Au fond de ce qui reste encore de cour, le tractopelle trône, chaud encore de sa ripaille gargantuesque. On l’entend presque digérer ce qu’il a mis au sol et ingurgité, dans un cliquetis de tôles en refroidissement, baignées d’huile chaude. Nous sommes dans ce laps de temps où l’homme hésite entre son ancienne humanité blessée et la machine surpuissante, qui vient faire du neuf. Qui des deux l’emportera ?

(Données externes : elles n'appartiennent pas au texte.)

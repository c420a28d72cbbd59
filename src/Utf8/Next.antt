-- ===== src/Utf8/Next.antt =====
-- Where FindNextCharUtf8 of util/string_util.cpp stops.
use Prim.Native.Nat.{bit_and}
use aliyun_odps_sdk_cpp.Prelude.{
  ℕ, zero, suc, ◌+◌, ◌≤◌, ◌<◌, ◌≡◌, ◌⊎◌, Bool, true, ◌&&◌, Bytes, [], ◌∷◌, ltb, ◌==◌, if◌then◌else◌,
  length, take, drop, All,
}
use aliyun_odps_sdk_cpp.Result.{Result, ok, err, local_error}
use aliyun_odps_sdk_cpp.Utf8.{starts_char}

-- The bytes of UTF-8, in the old form with characters of up to six bytes: a byte that goes on with a
-- character, one that starts a character, and one that stands nowhere.
abbrev pub IsContinuation : ℕ → Type 0
IsContinuation b = (128 ≤ b) × (b < 192)

abbrev pub IsStart : ℕ → Type 0
IsStart b = (b < 128) ⊎ ((192 ≤ b) × (b < 254))

abbrev pub IsBad : ℕ → Type 0
IsBad b = 254 ≤ b

-- What the tests of the code make of a byte, and what its range says.
abbrev tested : ℕ → ℕ
tested b = if starts_char b then 0 else if bit_and b 0xC0 == 0x80 then 1 else 2

abbrev ranged : ℕ → ℕ
ranged b = if ltb b 128 then 0 else if ltb b 192 then 1 else if ltb b 254 then 0 else 2

all_agree : ℕ → Bool
all_agree zero = true
all_agree (suc n) = (tested n == ranged n) && all_agree n

-- The end, or a byte that starts a character.
abbrev pub StartsHere : Bytes → Type 0
StartsHere [] = Unit {0}
StartsHere (b ∷ bs) = IsStart b

abbrev pub FailsHere : Bytes → Type 0
FailsHere [] = ⊥
FailsHere (b ∷ bs) = IsBad b

-- `k` bytes go on with a character, and behind them it stops.
abbrev pub IsPassed : Bytes → ℕ → Type 0
IsPassed rest k = (k ≤ length rest) × All IsContinuation (take k rest)

abbrev pub Stops : Bytes → ℕ → Result ℕ → Type 0
Stops rest from (ok i) = (k : ℕ) × (i ≡ from + k) × IsPassed rest k × StartsHere (drop k rest)
Stops rest from (err e) = (k : ℕ) × (e ≡ local_error) × IsPassed rest k × FailsHere (drop k rest)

Je presse le pas : l’inquiétante dévoreuse de façades me regarde fixement… Je ne fais pas partie des meubles !
surf mamie, surf...
Brice… de Parisss !
On imagine pas à quel point la mer monte… Jusque dans le bus n° 95 qui passe à la gare Montparnasse. En sortant du TGV, le voyageur prend de nouveau conscience de la chaleur, et de la nécessité d’y remédier. A l’arrêt de bus sur le parvis, un homme passe, portant sous le bras… un surf ! C’est encombrant, un surf, quand on n’est plus allongé dessus du côté de Lacanau ou Hossegor… Le mieux c’est qu’il passe presque inaperçu… Encore provincial aux sens en alerte un instant auparavant, l’usager des transports urbain redevient parisien blasé dès le premier mètre de pavé.
Mon œil s’amuse de ce surfeur de bitume, qui doit faire de nombreux efforts pour faire entrer sa planche dans le bus qui vient d’arriver.
A l’intérieur, il trône fièrement à ses côtés, le teint hâlé de la tribu des glisseur, et la chemise grande ouverte. Ca y est, j’ai deviné : c’est Brice de Parisss, le roi de la glisse !
Je suis « cassé »…
le nombril du monde
« Le nouvel annuaire. Moi. Ma vie. Mes voisins. Mon quartier ». Slogan actuellement sur tous les murs du métro de Paris. Le visuel est explicite : une photo d’un ventre (homme ou femme) sur lequel est tatoué un plan de ville, avec le nombril au milieu. Le communiqué de presse précise : « l’objectif est de montrer que l’individu est au centre du nouvel annuaire. Celui-ci devient un outil qui l’aide à construire son propre monde dont il est le centre. Le nombril comme centre du plan de quartier symbolise la proximité, l’intimité et le lien (…) aider les gens à mieux s’intégrer et s’approprier le lieu dans lequel ils vivent»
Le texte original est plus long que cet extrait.